§ **Aim of the task**: Among the records, which lines include "charged"? List them.
---------- Source data
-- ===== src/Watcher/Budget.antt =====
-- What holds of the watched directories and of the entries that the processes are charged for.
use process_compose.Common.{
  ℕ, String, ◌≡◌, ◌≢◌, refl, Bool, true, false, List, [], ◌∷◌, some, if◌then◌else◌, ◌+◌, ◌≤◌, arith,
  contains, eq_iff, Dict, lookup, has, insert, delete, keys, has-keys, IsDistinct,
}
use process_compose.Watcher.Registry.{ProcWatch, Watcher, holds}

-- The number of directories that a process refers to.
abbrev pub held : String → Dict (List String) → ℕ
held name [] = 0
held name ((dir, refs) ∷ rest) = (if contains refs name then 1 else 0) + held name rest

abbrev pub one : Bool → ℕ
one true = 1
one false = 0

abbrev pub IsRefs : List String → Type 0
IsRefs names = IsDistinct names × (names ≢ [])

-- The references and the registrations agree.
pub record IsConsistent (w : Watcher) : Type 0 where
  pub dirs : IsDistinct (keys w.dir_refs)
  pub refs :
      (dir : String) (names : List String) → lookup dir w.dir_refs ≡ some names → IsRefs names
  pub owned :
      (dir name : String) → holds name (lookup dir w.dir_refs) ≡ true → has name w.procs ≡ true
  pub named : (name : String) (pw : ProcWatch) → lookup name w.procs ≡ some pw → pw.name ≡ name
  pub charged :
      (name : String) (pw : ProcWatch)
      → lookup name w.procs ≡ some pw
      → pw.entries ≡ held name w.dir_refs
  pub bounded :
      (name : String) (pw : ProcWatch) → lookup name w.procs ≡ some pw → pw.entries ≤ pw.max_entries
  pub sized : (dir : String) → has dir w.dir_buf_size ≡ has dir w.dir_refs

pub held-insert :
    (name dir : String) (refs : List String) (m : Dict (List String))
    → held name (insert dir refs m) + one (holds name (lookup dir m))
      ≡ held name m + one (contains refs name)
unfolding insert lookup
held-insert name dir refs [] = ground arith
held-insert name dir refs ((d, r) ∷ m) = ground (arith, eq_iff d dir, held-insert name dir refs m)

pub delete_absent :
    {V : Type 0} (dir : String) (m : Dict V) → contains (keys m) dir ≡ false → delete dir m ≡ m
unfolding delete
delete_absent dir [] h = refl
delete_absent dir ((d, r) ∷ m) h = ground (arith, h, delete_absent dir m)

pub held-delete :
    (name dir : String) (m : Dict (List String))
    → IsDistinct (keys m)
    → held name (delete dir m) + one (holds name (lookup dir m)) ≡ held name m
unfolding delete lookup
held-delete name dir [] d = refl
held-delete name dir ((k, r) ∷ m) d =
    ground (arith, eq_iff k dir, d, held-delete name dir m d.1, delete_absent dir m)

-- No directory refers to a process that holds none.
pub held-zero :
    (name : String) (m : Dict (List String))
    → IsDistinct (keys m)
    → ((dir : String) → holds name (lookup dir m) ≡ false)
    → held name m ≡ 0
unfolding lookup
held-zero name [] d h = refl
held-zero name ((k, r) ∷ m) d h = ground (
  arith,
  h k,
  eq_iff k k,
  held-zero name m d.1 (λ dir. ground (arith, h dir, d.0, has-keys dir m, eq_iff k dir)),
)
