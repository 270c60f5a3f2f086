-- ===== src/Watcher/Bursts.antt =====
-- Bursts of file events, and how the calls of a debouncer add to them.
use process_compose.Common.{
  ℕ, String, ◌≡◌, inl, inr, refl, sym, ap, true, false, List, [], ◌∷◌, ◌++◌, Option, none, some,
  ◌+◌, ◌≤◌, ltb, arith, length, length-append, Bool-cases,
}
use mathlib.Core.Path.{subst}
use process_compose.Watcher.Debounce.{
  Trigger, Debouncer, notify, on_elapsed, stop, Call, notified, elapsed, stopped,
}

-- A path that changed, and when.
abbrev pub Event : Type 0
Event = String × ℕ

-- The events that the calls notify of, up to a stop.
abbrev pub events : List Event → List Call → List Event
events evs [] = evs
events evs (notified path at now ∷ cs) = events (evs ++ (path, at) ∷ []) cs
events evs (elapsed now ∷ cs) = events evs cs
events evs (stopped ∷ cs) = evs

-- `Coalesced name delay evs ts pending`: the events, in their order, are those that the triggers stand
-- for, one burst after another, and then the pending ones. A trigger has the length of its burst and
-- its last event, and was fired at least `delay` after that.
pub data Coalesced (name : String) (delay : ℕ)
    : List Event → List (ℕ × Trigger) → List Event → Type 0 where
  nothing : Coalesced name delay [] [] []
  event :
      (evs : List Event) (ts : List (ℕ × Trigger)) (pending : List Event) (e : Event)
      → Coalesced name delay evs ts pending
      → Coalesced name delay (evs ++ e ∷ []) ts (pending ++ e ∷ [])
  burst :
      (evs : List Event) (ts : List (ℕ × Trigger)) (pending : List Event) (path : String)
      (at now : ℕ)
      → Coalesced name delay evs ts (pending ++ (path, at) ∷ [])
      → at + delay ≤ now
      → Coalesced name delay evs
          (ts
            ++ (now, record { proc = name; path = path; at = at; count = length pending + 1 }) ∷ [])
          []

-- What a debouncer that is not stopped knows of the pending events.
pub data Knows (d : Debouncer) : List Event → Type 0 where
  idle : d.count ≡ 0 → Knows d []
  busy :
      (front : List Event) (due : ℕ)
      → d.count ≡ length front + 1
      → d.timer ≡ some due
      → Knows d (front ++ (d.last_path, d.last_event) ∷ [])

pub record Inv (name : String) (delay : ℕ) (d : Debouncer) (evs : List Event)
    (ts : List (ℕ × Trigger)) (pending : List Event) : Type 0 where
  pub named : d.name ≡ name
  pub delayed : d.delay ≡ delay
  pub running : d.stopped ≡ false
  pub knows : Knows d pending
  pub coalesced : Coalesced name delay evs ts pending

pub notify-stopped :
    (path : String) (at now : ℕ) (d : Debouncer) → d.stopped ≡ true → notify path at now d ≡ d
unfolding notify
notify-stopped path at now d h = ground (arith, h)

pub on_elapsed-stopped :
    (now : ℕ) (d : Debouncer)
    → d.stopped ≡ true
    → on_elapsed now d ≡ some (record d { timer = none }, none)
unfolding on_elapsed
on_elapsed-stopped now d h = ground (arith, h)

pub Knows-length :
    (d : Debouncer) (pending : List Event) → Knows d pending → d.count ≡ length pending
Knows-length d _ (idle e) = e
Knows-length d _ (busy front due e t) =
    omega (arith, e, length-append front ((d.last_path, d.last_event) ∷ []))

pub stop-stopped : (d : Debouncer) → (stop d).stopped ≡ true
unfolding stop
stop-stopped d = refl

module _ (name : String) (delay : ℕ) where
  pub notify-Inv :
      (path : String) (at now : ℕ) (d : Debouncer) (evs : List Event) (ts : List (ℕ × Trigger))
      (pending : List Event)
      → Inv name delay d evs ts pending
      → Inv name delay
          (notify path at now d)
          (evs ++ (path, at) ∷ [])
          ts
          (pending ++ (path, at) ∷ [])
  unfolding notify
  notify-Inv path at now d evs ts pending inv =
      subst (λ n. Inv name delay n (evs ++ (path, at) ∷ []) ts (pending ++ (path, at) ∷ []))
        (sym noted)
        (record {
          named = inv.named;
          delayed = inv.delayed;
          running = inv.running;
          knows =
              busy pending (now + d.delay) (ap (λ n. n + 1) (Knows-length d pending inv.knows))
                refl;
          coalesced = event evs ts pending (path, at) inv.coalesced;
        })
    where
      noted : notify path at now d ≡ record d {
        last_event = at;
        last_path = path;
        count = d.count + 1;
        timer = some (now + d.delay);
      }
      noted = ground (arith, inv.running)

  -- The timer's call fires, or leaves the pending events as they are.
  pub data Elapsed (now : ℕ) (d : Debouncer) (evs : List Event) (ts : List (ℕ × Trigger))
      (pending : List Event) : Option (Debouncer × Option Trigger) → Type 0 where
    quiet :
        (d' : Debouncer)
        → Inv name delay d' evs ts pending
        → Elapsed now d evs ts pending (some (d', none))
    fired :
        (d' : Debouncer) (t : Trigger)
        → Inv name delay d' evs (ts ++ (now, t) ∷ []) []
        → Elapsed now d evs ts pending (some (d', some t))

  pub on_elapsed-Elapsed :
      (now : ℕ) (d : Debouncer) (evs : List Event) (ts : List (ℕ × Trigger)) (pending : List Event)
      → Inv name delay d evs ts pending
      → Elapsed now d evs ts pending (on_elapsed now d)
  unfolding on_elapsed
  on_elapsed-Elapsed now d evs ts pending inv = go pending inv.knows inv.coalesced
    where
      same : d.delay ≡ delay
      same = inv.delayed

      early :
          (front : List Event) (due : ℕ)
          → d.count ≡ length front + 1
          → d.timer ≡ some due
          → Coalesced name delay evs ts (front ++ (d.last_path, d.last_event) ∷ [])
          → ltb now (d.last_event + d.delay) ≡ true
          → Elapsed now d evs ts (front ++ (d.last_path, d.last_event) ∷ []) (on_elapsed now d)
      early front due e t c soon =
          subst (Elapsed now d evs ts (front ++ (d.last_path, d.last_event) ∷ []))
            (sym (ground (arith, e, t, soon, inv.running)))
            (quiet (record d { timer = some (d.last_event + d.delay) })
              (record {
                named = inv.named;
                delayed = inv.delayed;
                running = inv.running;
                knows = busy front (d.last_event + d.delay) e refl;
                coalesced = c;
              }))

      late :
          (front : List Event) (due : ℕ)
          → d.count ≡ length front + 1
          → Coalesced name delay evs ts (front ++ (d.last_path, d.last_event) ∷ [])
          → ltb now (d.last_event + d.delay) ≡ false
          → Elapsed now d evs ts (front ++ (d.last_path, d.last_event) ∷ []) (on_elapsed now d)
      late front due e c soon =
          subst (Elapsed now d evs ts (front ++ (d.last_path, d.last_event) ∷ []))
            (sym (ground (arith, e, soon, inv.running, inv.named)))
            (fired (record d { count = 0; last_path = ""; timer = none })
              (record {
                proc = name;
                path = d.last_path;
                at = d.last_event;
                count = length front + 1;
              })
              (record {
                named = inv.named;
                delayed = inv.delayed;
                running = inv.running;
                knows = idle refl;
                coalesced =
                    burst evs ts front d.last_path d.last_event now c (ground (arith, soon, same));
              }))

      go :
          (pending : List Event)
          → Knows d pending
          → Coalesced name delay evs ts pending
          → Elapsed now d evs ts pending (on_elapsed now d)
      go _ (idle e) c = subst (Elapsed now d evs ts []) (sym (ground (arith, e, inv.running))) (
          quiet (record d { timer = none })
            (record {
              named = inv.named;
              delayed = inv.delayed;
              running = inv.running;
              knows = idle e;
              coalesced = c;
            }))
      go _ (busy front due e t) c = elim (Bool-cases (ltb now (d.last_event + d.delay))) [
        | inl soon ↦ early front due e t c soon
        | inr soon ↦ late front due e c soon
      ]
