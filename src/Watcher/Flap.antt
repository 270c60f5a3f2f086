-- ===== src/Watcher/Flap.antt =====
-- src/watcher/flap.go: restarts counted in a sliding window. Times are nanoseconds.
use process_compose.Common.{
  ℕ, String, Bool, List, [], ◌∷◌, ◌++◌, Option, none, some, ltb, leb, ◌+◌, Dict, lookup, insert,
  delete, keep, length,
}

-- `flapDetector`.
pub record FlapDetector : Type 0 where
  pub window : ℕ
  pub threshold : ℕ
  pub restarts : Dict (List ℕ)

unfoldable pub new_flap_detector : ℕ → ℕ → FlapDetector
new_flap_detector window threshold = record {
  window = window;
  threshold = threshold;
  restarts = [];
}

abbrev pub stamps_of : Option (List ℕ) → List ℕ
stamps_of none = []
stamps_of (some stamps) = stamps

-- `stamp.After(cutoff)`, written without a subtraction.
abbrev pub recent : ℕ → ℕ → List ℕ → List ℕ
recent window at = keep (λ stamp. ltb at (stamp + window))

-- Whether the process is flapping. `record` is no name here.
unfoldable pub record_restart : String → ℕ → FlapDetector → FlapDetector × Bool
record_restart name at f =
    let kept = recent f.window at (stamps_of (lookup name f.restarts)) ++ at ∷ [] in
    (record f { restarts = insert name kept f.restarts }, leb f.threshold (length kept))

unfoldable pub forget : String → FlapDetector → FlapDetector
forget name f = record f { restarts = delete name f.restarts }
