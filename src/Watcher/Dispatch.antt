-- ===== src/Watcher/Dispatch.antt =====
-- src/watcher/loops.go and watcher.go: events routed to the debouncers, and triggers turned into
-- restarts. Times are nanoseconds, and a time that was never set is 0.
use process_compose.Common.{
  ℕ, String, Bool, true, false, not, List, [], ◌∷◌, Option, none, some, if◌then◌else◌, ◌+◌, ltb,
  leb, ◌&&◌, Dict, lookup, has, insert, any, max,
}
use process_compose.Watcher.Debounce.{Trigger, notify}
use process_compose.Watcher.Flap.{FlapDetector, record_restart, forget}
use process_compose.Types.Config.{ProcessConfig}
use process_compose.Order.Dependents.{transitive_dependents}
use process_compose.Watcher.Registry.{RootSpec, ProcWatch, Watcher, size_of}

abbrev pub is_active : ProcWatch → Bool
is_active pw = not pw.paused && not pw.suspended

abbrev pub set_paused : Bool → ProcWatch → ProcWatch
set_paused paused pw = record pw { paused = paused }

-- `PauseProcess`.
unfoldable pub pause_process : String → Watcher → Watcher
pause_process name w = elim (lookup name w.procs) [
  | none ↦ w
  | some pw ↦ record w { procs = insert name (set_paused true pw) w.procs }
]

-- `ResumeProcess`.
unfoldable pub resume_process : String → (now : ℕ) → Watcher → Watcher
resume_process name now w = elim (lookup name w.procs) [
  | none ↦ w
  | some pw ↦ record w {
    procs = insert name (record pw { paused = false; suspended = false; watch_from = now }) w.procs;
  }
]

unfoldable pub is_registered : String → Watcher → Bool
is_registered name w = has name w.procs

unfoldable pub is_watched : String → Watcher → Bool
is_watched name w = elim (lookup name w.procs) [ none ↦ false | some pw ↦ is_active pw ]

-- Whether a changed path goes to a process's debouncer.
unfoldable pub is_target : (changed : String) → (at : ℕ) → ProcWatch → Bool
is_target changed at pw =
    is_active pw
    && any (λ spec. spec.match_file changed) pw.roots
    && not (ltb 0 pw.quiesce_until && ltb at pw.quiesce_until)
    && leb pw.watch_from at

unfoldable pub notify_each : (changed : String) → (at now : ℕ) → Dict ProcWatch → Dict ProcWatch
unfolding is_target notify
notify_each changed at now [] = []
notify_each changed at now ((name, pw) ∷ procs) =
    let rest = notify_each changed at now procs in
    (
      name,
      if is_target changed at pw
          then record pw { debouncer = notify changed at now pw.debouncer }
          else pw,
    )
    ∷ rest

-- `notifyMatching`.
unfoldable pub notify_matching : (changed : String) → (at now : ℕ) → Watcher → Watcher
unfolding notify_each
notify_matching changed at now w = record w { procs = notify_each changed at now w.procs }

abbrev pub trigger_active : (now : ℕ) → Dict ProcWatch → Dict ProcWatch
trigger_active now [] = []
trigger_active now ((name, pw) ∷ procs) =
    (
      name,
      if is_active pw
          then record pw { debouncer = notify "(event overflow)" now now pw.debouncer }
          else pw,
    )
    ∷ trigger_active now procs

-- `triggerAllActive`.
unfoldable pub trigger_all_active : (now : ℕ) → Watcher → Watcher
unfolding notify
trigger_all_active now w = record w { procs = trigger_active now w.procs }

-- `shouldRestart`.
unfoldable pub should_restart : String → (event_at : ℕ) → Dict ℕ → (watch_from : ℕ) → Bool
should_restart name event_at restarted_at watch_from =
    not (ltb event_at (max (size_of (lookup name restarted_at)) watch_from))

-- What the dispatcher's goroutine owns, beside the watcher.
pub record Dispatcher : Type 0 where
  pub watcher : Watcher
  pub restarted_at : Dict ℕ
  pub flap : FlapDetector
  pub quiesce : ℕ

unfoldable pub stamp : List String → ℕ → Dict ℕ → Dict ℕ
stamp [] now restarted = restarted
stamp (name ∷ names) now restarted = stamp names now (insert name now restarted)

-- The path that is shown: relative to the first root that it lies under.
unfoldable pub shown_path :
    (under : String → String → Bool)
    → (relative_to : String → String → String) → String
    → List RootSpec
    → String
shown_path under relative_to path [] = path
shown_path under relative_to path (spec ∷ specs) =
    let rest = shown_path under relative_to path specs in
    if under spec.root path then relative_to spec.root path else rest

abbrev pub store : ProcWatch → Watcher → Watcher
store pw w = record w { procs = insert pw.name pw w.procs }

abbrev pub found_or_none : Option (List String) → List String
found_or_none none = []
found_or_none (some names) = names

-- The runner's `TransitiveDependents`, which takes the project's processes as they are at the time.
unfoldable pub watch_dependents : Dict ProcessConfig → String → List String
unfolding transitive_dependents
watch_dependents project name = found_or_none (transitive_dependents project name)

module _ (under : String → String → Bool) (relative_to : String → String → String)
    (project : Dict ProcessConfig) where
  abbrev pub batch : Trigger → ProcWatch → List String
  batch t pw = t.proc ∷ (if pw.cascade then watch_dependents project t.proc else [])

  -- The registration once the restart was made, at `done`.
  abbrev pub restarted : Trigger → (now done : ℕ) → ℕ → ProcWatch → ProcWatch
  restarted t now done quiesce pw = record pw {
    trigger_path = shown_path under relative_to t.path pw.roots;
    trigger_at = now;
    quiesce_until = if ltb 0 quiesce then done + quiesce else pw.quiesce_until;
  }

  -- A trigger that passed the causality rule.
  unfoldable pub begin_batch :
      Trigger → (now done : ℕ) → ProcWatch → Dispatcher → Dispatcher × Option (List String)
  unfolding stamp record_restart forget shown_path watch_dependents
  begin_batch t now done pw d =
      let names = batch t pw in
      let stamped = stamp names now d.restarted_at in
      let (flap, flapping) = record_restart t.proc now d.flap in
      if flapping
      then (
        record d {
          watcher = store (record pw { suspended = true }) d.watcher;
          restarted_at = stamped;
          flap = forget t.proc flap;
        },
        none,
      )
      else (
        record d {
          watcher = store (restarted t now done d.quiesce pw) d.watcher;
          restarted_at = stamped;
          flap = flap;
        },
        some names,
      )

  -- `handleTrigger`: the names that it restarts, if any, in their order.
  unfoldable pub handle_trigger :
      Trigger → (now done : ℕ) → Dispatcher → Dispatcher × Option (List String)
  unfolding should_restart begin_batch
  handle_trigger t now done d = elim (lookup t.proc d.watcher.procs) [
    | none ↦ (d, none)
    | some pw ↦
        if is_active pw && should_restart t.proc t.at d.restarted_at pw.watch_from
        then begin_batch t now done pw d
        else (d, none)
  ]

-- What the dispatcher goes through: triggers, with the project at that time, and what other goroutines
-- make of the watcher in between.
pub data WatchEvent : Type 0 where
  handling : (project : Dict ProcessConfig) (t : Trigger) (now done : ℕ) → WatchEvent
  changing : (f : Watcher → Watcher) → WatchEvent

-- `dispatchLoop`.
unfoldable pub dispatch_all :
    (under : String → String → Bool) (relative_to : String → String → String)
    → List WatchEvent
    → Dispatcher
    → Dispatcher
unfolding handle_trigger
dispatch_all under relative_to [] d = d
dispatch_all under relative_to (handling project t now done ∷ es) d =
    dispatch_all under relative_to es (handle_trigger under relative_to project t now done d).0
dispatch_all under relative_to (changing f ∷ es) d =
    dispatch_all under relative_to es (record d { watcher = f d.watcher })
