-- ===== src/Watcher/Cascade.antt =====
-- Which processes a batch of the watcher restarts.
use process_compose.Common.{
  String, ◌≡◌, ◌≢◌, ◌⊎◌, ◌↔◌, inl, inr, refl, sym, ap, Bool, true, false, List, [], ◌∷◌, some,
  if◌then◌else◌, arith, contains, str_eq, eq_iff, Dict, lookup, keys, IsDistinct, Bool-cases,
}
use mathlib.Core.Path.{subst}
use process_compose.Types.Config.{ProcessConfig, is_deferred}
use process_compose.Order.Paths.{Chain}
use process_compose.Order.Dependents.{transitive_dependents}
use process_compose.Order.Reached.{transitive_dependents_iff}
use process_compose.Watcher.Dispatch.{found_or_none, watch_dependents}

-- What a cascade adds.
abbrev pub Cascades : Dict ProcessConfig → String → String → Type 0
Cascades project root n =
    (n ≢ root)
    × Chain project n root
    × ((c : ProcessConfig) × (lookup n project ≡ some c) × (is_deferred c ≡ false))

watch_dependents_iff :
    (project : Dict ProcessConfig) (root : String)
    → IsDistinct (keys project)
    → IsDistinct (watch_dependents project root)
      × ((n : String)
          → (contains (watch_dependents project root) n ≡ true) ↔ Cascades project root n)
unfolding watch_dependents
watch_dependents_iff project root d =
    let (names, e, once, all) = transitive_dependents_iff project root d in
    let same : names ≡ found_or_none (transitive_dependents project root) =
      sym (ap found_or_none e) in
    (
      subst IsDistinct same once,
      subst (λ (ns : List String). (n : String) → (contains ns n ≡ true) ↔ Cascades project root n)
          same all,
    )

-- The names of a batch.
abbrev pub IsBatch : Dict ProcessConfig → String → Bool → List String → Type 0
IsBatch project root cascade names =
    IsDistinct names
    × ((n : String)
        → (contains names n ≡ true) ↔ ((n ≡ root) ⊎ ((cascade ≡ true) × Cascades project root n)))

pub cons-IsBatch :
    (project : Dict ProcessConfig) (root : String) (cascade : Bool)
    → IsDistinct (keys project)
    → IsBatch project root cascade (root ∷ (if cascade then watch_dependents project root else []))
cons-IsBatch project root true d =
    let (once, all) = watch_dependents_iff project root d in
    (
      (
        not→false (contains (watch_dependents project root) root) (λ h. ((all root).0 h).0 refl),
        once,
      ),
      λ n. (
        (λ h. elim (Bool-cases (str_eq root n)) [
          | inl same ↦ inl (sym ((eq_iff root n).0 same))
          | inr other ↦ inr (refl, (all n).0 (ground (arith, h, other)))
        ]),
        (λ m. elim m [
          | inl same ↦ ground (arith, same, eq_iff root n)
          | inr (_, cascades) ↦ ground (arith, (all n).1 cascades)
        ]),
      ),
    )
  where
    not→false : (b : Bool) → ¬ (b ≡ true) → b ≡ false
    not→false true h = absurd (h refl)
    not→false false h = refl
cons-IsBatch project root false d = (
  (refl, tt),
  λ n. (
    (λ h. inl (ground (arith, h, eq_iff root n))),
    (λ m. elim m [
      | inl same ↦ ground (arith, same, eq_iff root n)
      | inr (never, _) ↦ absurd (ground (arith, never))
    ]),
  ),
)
--------------------
§ **Worked solution**:
-- What holds of the watched directories and of the entries that the processes are charged for.
  pub charged :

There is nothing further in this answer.